This guest post was written by Richard Hentworth of Industrial Business Brokers.
An accountant specialises in financial statements and number crunching, so why would a business owner ask their accountant to put on a salesperson’s hat? Below, we set out four reasons why your accountant shouldn’t sell your business.
1. Overcomplicating the Nature of the Business
An accountant can quickly transform your business profile into a book with statistics and graphs, analysis and extended stories and descriptions. Business purchasers, however, view many profiles in their search and need a simplified snapshot to see if the business is a good match for their skills and experience. If it is, they will inspect the business to discover more.

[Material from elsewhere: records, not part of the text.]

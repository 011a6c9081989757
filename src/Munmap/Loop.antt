-- ===== src/Munmap/Loop.antt =====
-- What the loop of sys_munmap writes back, and that it ends.
use osp.Prelude.{
  ℕ, zero, suc, ◌+◌, ◌-◌, ◌*◌, ◌%◌, ◌^◌, ◌≤◌, ◌<◌, ◌≡◌, refl, ap, Bool, true, false, none, some,
  List, [], ◌∷◌, arith, ltb, leb, if◌then◌else◌, Option-cases, inl, inr,
}
use osp.Mmu.{pgsize}
use osp.Proc.{MemMapping}
use osp.Mmap.{slt}
use osp.Munmap.{Files, is_file_shared, present_page, write_page, unmap_page, unmap_loop}

slt_zero : (n : ℕ) → slt n 0 ≡ leb (2 ^ 31) (n % 2 ^ 32)
slt_zero n = ground arith

module _ (mem : ℕ → ℕ) (pgdir : ℕ) where
  -- The present pages among `n` pages from `va` up, each with its kernel address.
  unfoldable pub present_pages : ℕ → ℕ → List (ℕ × ℕ)
  present_pages zero va = []
  present_pages (suc n) va = elim (present_page mem pgdir va) [
    | none ↦ present_pages n (va + pgsize)
    | some pa ↦ (va, pa) ∷ present_pages n (va + pgsize)
  ]

module _ {S : Type 0} (fs : Files S) (mem : ℕ → ℕ) (pgdir : ℕ) (m : MemMapping) (ip : ℕ) where
  -- The rounds of the loop in order: `n` pages from `va` up, until a write fails.
  pub rounds : ℕ → ℕ → S → Bool × S
  rounds zero va s = (false, s)
  rounds (suc n) va s =
      let (failed, s') = unmap_page fs mem pgdir m ip va s in
      let rest = rounds n (va + pgsize) s' in if failed then (true, s') else rest

  -- With fuel for its `n` pages the loop returns what the rounds do.
  pub unmap_loop-rounds :
      (n fuel va stop : ℕ) (s : S)
      → n < fuel
      → stop + pgsize ≤ 2 ^ 32
      → stop ≤ va + n * pgsize
      → va + n * pgsize < stop + pgsize
      → unmap_loop fs fuel mem pgdir m ip va stop s ≡ some (rounds n va s)
  unfolding unmap_loop rounds
  unmap_loop-rounds n zero va stop s h h1 h2 h3 = absurd (omega arith)
  unmap_loop-rounds zero (suc fuel) va stop s h h1 h2 h3 =
      let out : ltb va stop ≡ false = ground arith in rw out
  unmap_loop-rounds (suc n) (suc fuel) va stop s h h1 h2 h3 =
      let inside : ltb va stop ≡ true = ground arith in
      let step : (va + pgsize) % 2 ^ 32 ≡ va + pgsize = omega arith in
      rw (inside, step)
        (rw
          (unmap_loop-rounds n fuel (va + pgsize) stop (unmap_page fs mem pgdir m ip va s).1
            (omega arith) h1 (omega arith) (omega arith))
          (if_some _ _ (unmap_page fs mem pgdir m ip va s).0))
    where
      if_some :
          {A : Type 0} (x y : A) (b : Bool)
          → (if b then some x else some y) ≡ some (if b then x else y)
      if_some x y true = refl
      if_some x y false = refl

  -- Each of the pages is written to the file at its offset in the mapping, in a transaction of its
  -- own, up to the first that writei refuses with a negative result: whether there is one.
  unfoldable pub write_pages : List (ℕ × ℕ) → S → Bool × S
  write_pages [] s = (false, s)
  write_pages ((va, pa) ∷ rest) s =
      let (n, s1) =
        fs.writei ip (λ i. mem (pa + i)) ((va + 2 ^ 32 - m.addr) % 2 ^ 32) 4096
          (fs.ilock ip (fs.begin_op s)) in
      let s2 = fs.end_op (fs.iunlock ip s1) in
      let others = write_pages rest s2 in if leb (2 ^ 31) (n % 2 ^ 32) then (true, s2) else others

  unmap_page-private :
      (va : ℕ) (s : S) → is_file_shared m ≡ false → unmap_page fs mem pgdir m ip va s ≡ (false, s)
  unfolding unmap_page
  unmap_page-private va s h =
      elim (present_page mem pgdir va)
        as (λ o.
          (elim o [
            | none ↦ (false, s)
            | some pa ↦
                if is_file_shared m
                then write_page fs ip (λ i. mem (pa + i)) ((va + 2 ^ 32 - m.addr) % 2 ^ 32) s
                else (false, s)
          ])
          ≡ (false, s)) [ none ↦ refl | some pa ↦ rw h ]

  -- A mapping that is private or anonymous is not written back.
  pub rounds_private : is_file_shared m ≡ false → (n va : ℕ) (s : S) → rounds n va s ≡ (false, s)
  unfolding rounds
  rounds_private h zero va s = refl
  rounds_private h (suc n) va s =
      rw (unmap_page-private va s h) (rounds_private h n (va + pgsize) s)

  unmap_page-absent :
      (va : ℕ) (s : S)
      → present_page mem pgdir va ≡ none
      → unmap_page fs mem pgdir m ip va s ≡ (false, s)
  unfolding unmap_page
  unmap_page-absent va s e = rw (e, unmap_page)

  unmap_page-shared :
      (va pa : ℕ) (s : S)
      → is_file_shared m ≡ true
      → present_page mem pgdir va ≡ some pa
      → unmap_page fs mem pgdir m ip va s
        ≡ write_page fs ip (λ i. mem (pa + i)) ((va + 2 ^ 32 - m.addr) % 2 ^ 32) s
  unfolding unmap_page
  unmap_page-shared va pa s h e = rw (e, unmap_page) (rw h)

  abbrev wrote : ℕ → ℕ → S → ℕ × S
  wrote va pa s =
      fs.writei ip (λ i. mem (pa + i)) ((va + 2 ^ 32 - m.addr) % 2 ^ 32) 4096
        (fs.ilock ip (fs.begin_op s))

  abbrev left : ℕ → ℕ → S → S
  left va pa s = fs.end_op (fs.iunlock ip (wrote va pa s).1)

  -- A shared file mapping has its present pages written back in order, until one fails.
  pub rounds_shared :
      is_file_shared m ≡ true
      → (n va : ℕ) (s : S) → rounds n va s ≡ write_pages (present_pages mem pgdir n va) s
  unfolding rounds present_pages write_pages write_page
  rounds_shared h zero va s = refl
  rounds_shared h (suc n) va s = elim (Option-cases (present_page mem pgdir va)) [
    | inl e ↦
        rw (unmap_page-absent va s e) (rw (e, present_pages) (rounds_shared h n (va + pgsize) s))
    | inr (pa, e) ↦ rw (unmap_page-shared va pa s h e) (
        rw (e, present_pages)
          (rw (slt_zero (wrote va pa s).0) (
            ap (λ r. if leb (2 ^ 31) ((wrote va pa s).0 % 2 ^ 32) then (true, left va pa s) else r)
              (rounds_shared h n (va + pgsize) (left va pa s)))))
  ]
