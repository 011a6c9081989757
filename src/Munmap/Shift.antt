-- ===== src/Munmap/Shift.antt =====
-- Taking a mapping out of the array moves those behind it one place down.
use osp.Prelude.{
  ℕ, zero, suc, ◌+◌, ◌-◌, ◌<◌, ◌≡◌, false, ◌&&◌, arith, ltb, leb, if◌then◌else◌, update, ◌∙◌,
}
use osp.Proc.{MemMapping, Proc}
use osp.Mmap.Layout.{IsPlaced}
use osp.Munmap.{shift, remove_mapping}

shift-at :
    (n k j : ℕ) (maps : ℕ → MemMapping)
    → shift maps k n j ≡ (if leb k j && ltb j (k + n) then maps (j + 1) else maps j)
unfolding shift
shift-at zero k j maps = let out : (leb k j && ltb j (k + 0)) ≡ false = ground arith in rw out
shift-at (suc n) k j maps = rw (shift-at n (k + 1) j (update maps k (maps (k + 1)))) (ground arith)

-- The mapping with index `i` is gone, those before it stay, and those behind it move down by one.
pub remove_mapping-at :
    (i j : ℕ) (p : Proc)
    → i < p.num_mappings
    → j < p.num_mappings - 1
    → (remove_mapping i p).memory_mappings j
      ≡ (if ltb j i then p.memory_mappings j else p.memory_mappings (j + 1))
unfolding remove_mapping
remove_mapping-at i j p lt lj =
    rw (shift-at (p.num_mappings - 1 - i) i j p.memory_mappings) (ground arith)

-- The other mappings stay where they are.
pub remove_mapping-IsPlaced :
    (p : Proc) → 0 < p.num_mappings → IsPlaced p → IsPlaced (remove_mapping 0 p)
unfolding remove_mapping
remove_mapping-IsPlaced p pos v = record {
  few = omega (arith, v.few);
  inside = λ i lt. rw (moved i lt) (v.inside (i + 1) (omega arith));
  apart = λ i j li lj ne.
      rw (moved i li, moved j lj)
        (v.apart (i + 1) (j + 1) (omega arith) (omega arith) (omega arith));
}
  where
    moved :
        (i : ℕ)
        → i < p.num_mappings - 1
        → shift p.memory_mappings 0 (p.num_mappings - 1 - 0) i ≡ p.memory_mappings (i + 1)
    moved i lt = let up : ltb i 0 ≡ false = ground arith in remove_mapping-at 0 i p pos lt ∙ rw up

Caution: Ensure the business profile is concise and does not reveal any confidential information used to pad out the document.
Buyer’s Tip: Cut through fancy graphs and long-winded stories by highlighting key areas of interest and concern.
2. Networking and Marketing
A conveyancer can talk to lots of people who buy and sell real estate. This does not mean they have a list of active buyers or will market your business appropriately. The same goes for an accountant who is acting as an estate agent.
Caution: Check if the accountant has a compliant exclusive authority which typically lasts for 180 days. If your accountant cannot sell your business in that timeframe and seems only to discuss dealing with one party, speak to a specialised broker quickly.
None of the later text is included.